Here in Grand Isle, locals fear the destruction of what they consider a fishing paradise. Buggie Vegas, owner of Grand Isle’s Bridgeside Marina, the home base of the Labor Day Redfish Rodeo, said of the oil slick: "It’s like a big hurricane out there, just drifting around. Where it’s going, we don’t know."
To the east is the Mississippi and its long, clawlike delta that seems to point to the site where the Deepwater Horizon rig exploded and sank. In Plaquemines Parish, the river is hidden from sight behind the levee. The top half of a great ocean freighter, studded with smokestacks, will pass slowly on the other side of the grassy berm and suggest an unseen waterway of immense scale.

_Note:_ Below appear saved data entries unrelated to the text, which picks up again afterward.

-- ===== src/Simulator/Attacks.antt =====
-- How many events each scheduled attack of simulator/transaction_simulator.py has.
use rtace.Base.{
  ℕ, ◌+◌, ◌<◌, String, ◌≡◌, refl, ap, ◌∙◌, Bool, true, false, ◌&&◌, List, [], ◌∷◌, All, ◌==◌,
  append, length, if◌then◌else◌, arith,
}
use rtace.Platform.{Platform}
use rtace.Config.{default_config}
use rtace.Models.{TransactionEvent, AuthEvent}
use rtace.Detection.{transaction, login}
use rtace.Simulator.{
  Location, normal, replay, impossible_travel, fraud_burst, stuffing_user, stuffing_ip, Random, due,
  Yield, emitted, sleep, SimulatorSettings, Sim, choose, tx_event, auth_event, burst_events,
  stuffing_user_events, stuffing_ip_events, scheduled_burst, scheduled_stuffing_user,
  scheduled_stuffing_ip, iterate, burst_size, stuffing_user_fails, stuffing_ip_fails,
  stuffing_user_ip, stuffing_attack_ip,
}
use rtace.Simulator.Counting.{
  count, count-append, count-same, in_burst, in_stuffing, in_ip_stuffing, Dull, tx_event-Dull,
  auth_event-Dull, burst_events-All, stuffing_user_events-All, stuffing_ip_events-All,
  burst_events-length, stuffing_user_events-length, stuffing_ip_events-length,
}

module _ (p : Platform) (rnd : Random p.F) where
  module _ (stamp : ℕ → String × p.Time) (settings : SimulatorSettings p rnd) (u : String)
      (us : List String) (home : String → Location) (t : Yield p rnd → Bool) where
    -- The states in which one pass draws the attacks.
    abbrev before_burst : Sim p rnd → Sim p rnd
    before_burst s =
        let (v, s') = choose p rnd u us s in
        (auth_event p rnd stamp settings u us home
          (tx_event p rnd stamp settings u us home v s').1).1

    abbrev before_user : ℕ → Sim p rnd → Sim p rnd
    before_user iteration s =
        (scheduled_burst p rnd stamp settings u us home iteration (before_burst s)).1

    abbrev before_ip : ℕ → Sim p rnd → Sim p rnd
    before_ip iteration s =
        (scheduled_stuffing_user p rnd stamp settings u us home iteration
          (before_user iteration s)).1

    -- Only the attacks count.
    iterate-count :
        Dull p rnd stamp settings u us home t normal
        → Dull p rnd stamp settings u us home t replay
        → Dull p rnd stamp settings u us home t impossible_travel
        → t sleep ≡ false
        → (iteration : ℕ) (s : Sim p rnd)
        → count t (iterate p rnd stamp settings u us home iteration s).0
          ≡ count t (scheduled_burst p rnd stamp settings u us home iteration (before_burst s)).0
            + (count t
                  (scheduled_stuffing_user p rnd stamp settings u us home iteration
                    (before_user iteration s)).0
                + count t
                    (scheduled_stuffing_ip p rnd stamp settings u us home iteration
                      (before_ip iteration s)).0)
    unfolding iterate
    iterate-count dn dr di ds iteration s =
        let (v, s') = choose p rnd u us s in
        let bursts =
          (scheduled_burst p rnd stamp settings u us home iteration (before_burst s)).0 in
        let users =
          (scheduled_stuffing_user p rnd stamp settings u us home iteration
            (before_user iteration s)).0 in
        let ips =
          (scheduled_stuffing_ip p rnd stamp settings u us home iteration
            (before_ip iteration s)).0 in
        rw
          (
            tx_event-Dull p rnd stamp settings u us home t dn dr di v s',
            auth_event-Dull p rnd stamp settings u us home t dn
                (tx_event p rnd stamp settings u us home v s').1,
            count-append t bursts (append users (append ips (sleep ∷ []))),
            count-append t users (append ips (sleep ∷ [])),
            count-append t ips (sleep ∷ []),
            ds,
          )
          (omega arith)

    due-count :
        (is_due b : Bool) (n : ℕ) (attack : List (Yield p rnd) × Sim p rnd) (s : Sim p rnd)
        → All (λ y. t y ≡ b) attack.0
        → length attack.0 ≡ n
        → count t (if is_due then attack else ([], s)).0 ≡ (if is_due && b then n else 0)
    due-count false b n attack s h same = refl
    due-count true b n attack s h same =
        count-same b t attack.0 h ∙ ap (λ k. if b then k else 0) same

    burst-count :
        (b : Bool) (iteration : ℕ) (s : Sim p rnd)
        → ((tx : TransactionEvent p)
            → tx.user_id ≡ (choose p rnd u us s).0
            → t (emitted (transaction tx) fraud_burst) ≡ b)
        → count t (scheduled_burst p rnd stamp settings u us home iteration s).0
          ≡ (if due settings.burst_every iteration && b then burst_size else 0)
    unfolding scheduled_burst
    burst-count b iteration s h =
        let (v, s') = choose p rnd u us s in
        due-count (due settings.burst_every iteration) b burst_size
          (burst_events p rnd stamp settings u us home burst_size v s') s
          (burst_events-All p rnd stamp settings u us home t b burst_size v s' h)
          (burst_events-length p rnd stamp settings u us home t burst_size v s')

    user-count :
        (b : Bool) (iteration : ℕ) (s : Sim p rnd)
        → ((a : AuthEvent p)
            → a.user_id ≡ (choose p rnd u us s).0
            → a.ip_address ≡ stuffing_user_ip
            → a.success ≡ false
            → t (emitted (login a) stuffing_user) ≡ b)
        → count t (scheduled_stuffing_user p rnd stamp settings u us home iteration s).0
          ≡ (if due settings.stuffing_user_every iteration && b then stuffing_user_fails else 0)
    unfolding scheduled_stuffing_user
    user-count b iteration s h =
        let (v, s') = choose p rnd u us s in
        due-count (due settings.stuffing_user_every iteration) b stuffing_user_fails
          (stuffing_user_events p rnd stamp settings u us home stuffing_user_fails v s') s
          (stuffing_user_events-All p rnd stamp settings u us home t b stuffing_user_fails v s' h)
          (stuffing_user_events-length p rnd stamp settings u us home t stuffing_user_fails v s')

    ip-count :
        (b : Bool) (iteration : ℕ) (s : Sim p rnd)
        → ((a : AuthEvent p)
            → a.ip_address ≡ stuffing_attack_ip
            → a.success ≡ false
            → t (emitted (login a) stuffing_ip) ≡ b)
        → count t (scheduled_stuffing_ip p rnd stamp settings u us home iteration s).0
          ≡ (if due settings.stuffing_ip_every iteration && b then stuffing_ip_fails else 0)
    unfolding scheduled_stuffing_ip
    ip-count b iteration s h =
        due-count (due settings.stuffing_ip_every iteration) b stuffing_ip_fails
          (stuffing_ip_events p rnd stamp settings u us home stuffing_ip_fails 0 s) s
          (stuffing_ip_events-All p rnd stamp settings u us home t b stuffing_ip_fails 0 s h)
          (stuffing_ip_events-length p rnd stamp settings u us home t stuffing_ip_fails 0 s)

  module _ (stamp : ℕ → String × p.Time) (settings : SimulatorSettings p rnd) (u : String)
      (us : List String) (home : String → Location) where
    if-zero : (b : Bool) (n : ℕ) → (if b && false then n else 0) ≡ 0
    if-zero true n = refl
    if-zero false n = refl

    if-true : (b : Bool) (n : ℕ) → (if b && true then n else 0) ≡ (if b then n else 0)
    if-true true n = refl
    if-true false n = refl

    zero_of-if : (b : Bool) (n k : ℕ) → k ≡ (if b && false then n else 0) → k ≡ 0
    zero_of-if b n k h = h ∙ if-zero b n

    -- in the states of one pass
    module _ (iteration : ℕ) (s : Sim p rnd) where
      abbrev s3 : Sim p rnd
      s3 = before_burst stamp settings u us home (λ y. false) s

      abbrev s4 : Sim p rnd
      s4 = before_user stamp settings u us home (λ y. false) iteration s

      abbrev s5 : Sim p rnd
      s5 = before_ip stamp settings u us home (λ y. false) iteration s

      bursts-count :
          (w : String)
          → count (in_burst p rnd w) (iterate p rnd stamp settings u us home iteration s).0 ≡ (
              if due settings.burst_every iteration && ((choose p rnd u us s3).0 == w)
              then burst_size
              else 0)
      bursts-count w =
          let own =
            burst-count stamp settings u us home (in_burst p rnd w) ((choose p rnd u us s3).0 == w)
              iteration s3 (λ tx same. rw same refl) in
          let users = zero_of-if _ _ _ (
            user-count stamp settings u us home (in_burst p rnd w) false iteration s4
              (λ a h1 h2 h3. refl)) in
          let ips = zero_of-if _ _ _ (
            ip-count stamp settings u us home (in_burst p rnd w) false iteration s5
              (λ a h1 h2. refl)) in
          iterate-count stamp settings u us home (in_burst p rnd w) (λ e. refl) (λ e. refl)
            (λ e. refl) refl iteration s
          ∙ omega (arith, own, users, ips)

      users-count :
          (w : String)
          → count (in_stuffing p rnd w) (iterate p rnd stamp settings u us home iteration s).0 ≡ (
              if due settings.stuffing_user_every iteration && ((choose p rnd u us s4).0 == w)
              then stuffing_user_fails
              else 0)
      users-count w =
          let bursts = zero_of-if _ _ _ (
            burst-count stamp settings u us home (in_stuffing p rnd w) false iteration s3
              (λ tx h. refl)) in
          let own =
            user-count stamp settings u us home (in_stuffing p rnd w)
              ((choose p rnd u us s4).0 == w) iteration s4 (λ a h1 h2 h3. rw (h1, h2, h3) refl) in
          let ips = zero_of-if _ _ _ (
            ip-count stamp settings u us home (in_stuffing p rnd w) false iteration s5
              (λ a h1 h2. refl)) in
          iterate-count stamp settings u us home (in_stuffing p rnd w) (λ e. refl) (λ e. refl)
            (λ e. refl) refl iteration s
          ∙ omega (arith, own, bursts, ips)

      ips-count :
          count (in_ip_stuffing p rnd) (iterate p rnd stamp settings u us home iteration s).0
          ≡ (if due settings.stuffing_ip_every iteration then stuffing_ip_fails else 0)
      ips-count =
          let bursts = zero_of-if _ _ _ (
            burst-count stamp settings u us home (in_ip_stuffing p rnd) false iteration s3
              (λ tx h. refl)) in
          let users = zero_of-if _ _ _ (
            user-count stamp settings u us home (in_ip_stuffing p rnd) false iteration s4
              (λ a h1 h2 h3. refl)) in
          let own =
            ip-count stamp settings u us home (in_ip_stuffing p rnd) true iteration s5
              (λ a h1 h2. rw (h1, h2) refl)
            ∙ if-true (due settings.stuffing_ip_every iteration) stuffing_ip_fails in
          iterate-count stamp settings u us home ((in_ip_stuffing p rnd)) (λ e. refl) (λ e. refl)
            (λ e. refl) refl iteration s
          ∙ omega (arith, own, users, bursts)

    -- One pass of the generator makes each attack exactly when its schedule is due, for one account or
    -- from one address alone, with 25 transactions, 12 failed logins and 52 failed logins: more than
    -- the default thresholds of the detectors, 20, 10 and 50.
    pub iterate_attacks :
        (nine_hundred : p.F) (iteration : ℕ) (s : Sim p rnd)
        → ((v : String) × ((w : String)
              → count (in_burst p rnd w) (iterate p rnd stamp settings u us home iteration s).0
                ≡ (if due settings.burst_every iteration && (v == w) then burst_size else 0)))
          × ((v : String) × ((w : String)
                → count (in_stuffing p rnd w) (iterate p rnd stamp settings u us home iteration s).0
                  ≡ (if due settings.stuffing_user_every iteration && (v == w)
                      then stuffing_user_fails
                      else 0)))
          × (count ((in_ip_stuffing p rnd)) (iterate p rnd stamp settings u us home iteration s).0
              ≡ (if due settings.stuffing_ip_every iteration then stuffing_ip_fails else 0))
          × ((default_config nine_hundred).burst_threshold < burst_size)
          × ((default_config nine_hundred).auth_fail_user_threshold < stuffing_user_fails)
          × ((default_config nine_hundred).auth_fail_ip_threshold < stuffing_ip_fails)
    iterate_attacks nine_hundred iteration s = (
      (_, bursts-count iteration s),
      (_, users-count iteration s),
      ips-count iteration s,
      omega arith,
      omega arith,
      omega arith,
    )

Over countless millennia, the river juked and weaved through South Louisiana and built the delta, abandoning old channels, finding new routes to the sea. Now the river is a giant canal with the sole purpose of navigation. It has been dredged and lined with coarse stones known as riprap. The riparian zone has nothing so wild as an overhanging tree. The Father of Waters is now effectively a drain at the bottom of the country.
A few days ago an old man climbed to the top of the levee in Empire, a fishing town on Highway 23, the road that runs along the final stretch of the river before it reaches the gulf. The current looked strong, rushing south toward the spill.
"That’s what’s saving us — the river’s up," said Lawrence "Brother" Stipelcovich.
He is 82 years old, born right here, a fisherman all his life, the grandson of Croatian immigrants. He can boast that he got the croaker industry going, the pompano industry, the mullet industry. Along the way, everything changed.
"In 1935, the oil companies came down here to Plaquemines Parish. Then we noticed the land started sinking," he said.
Three feet the land subsided, he figures. Marshland vanished before his eyes. Where his father once dug a narrow canal for boats to reach a nearby bay there is now wide-open water.
He’s worried, though not for himself, because his time is limited.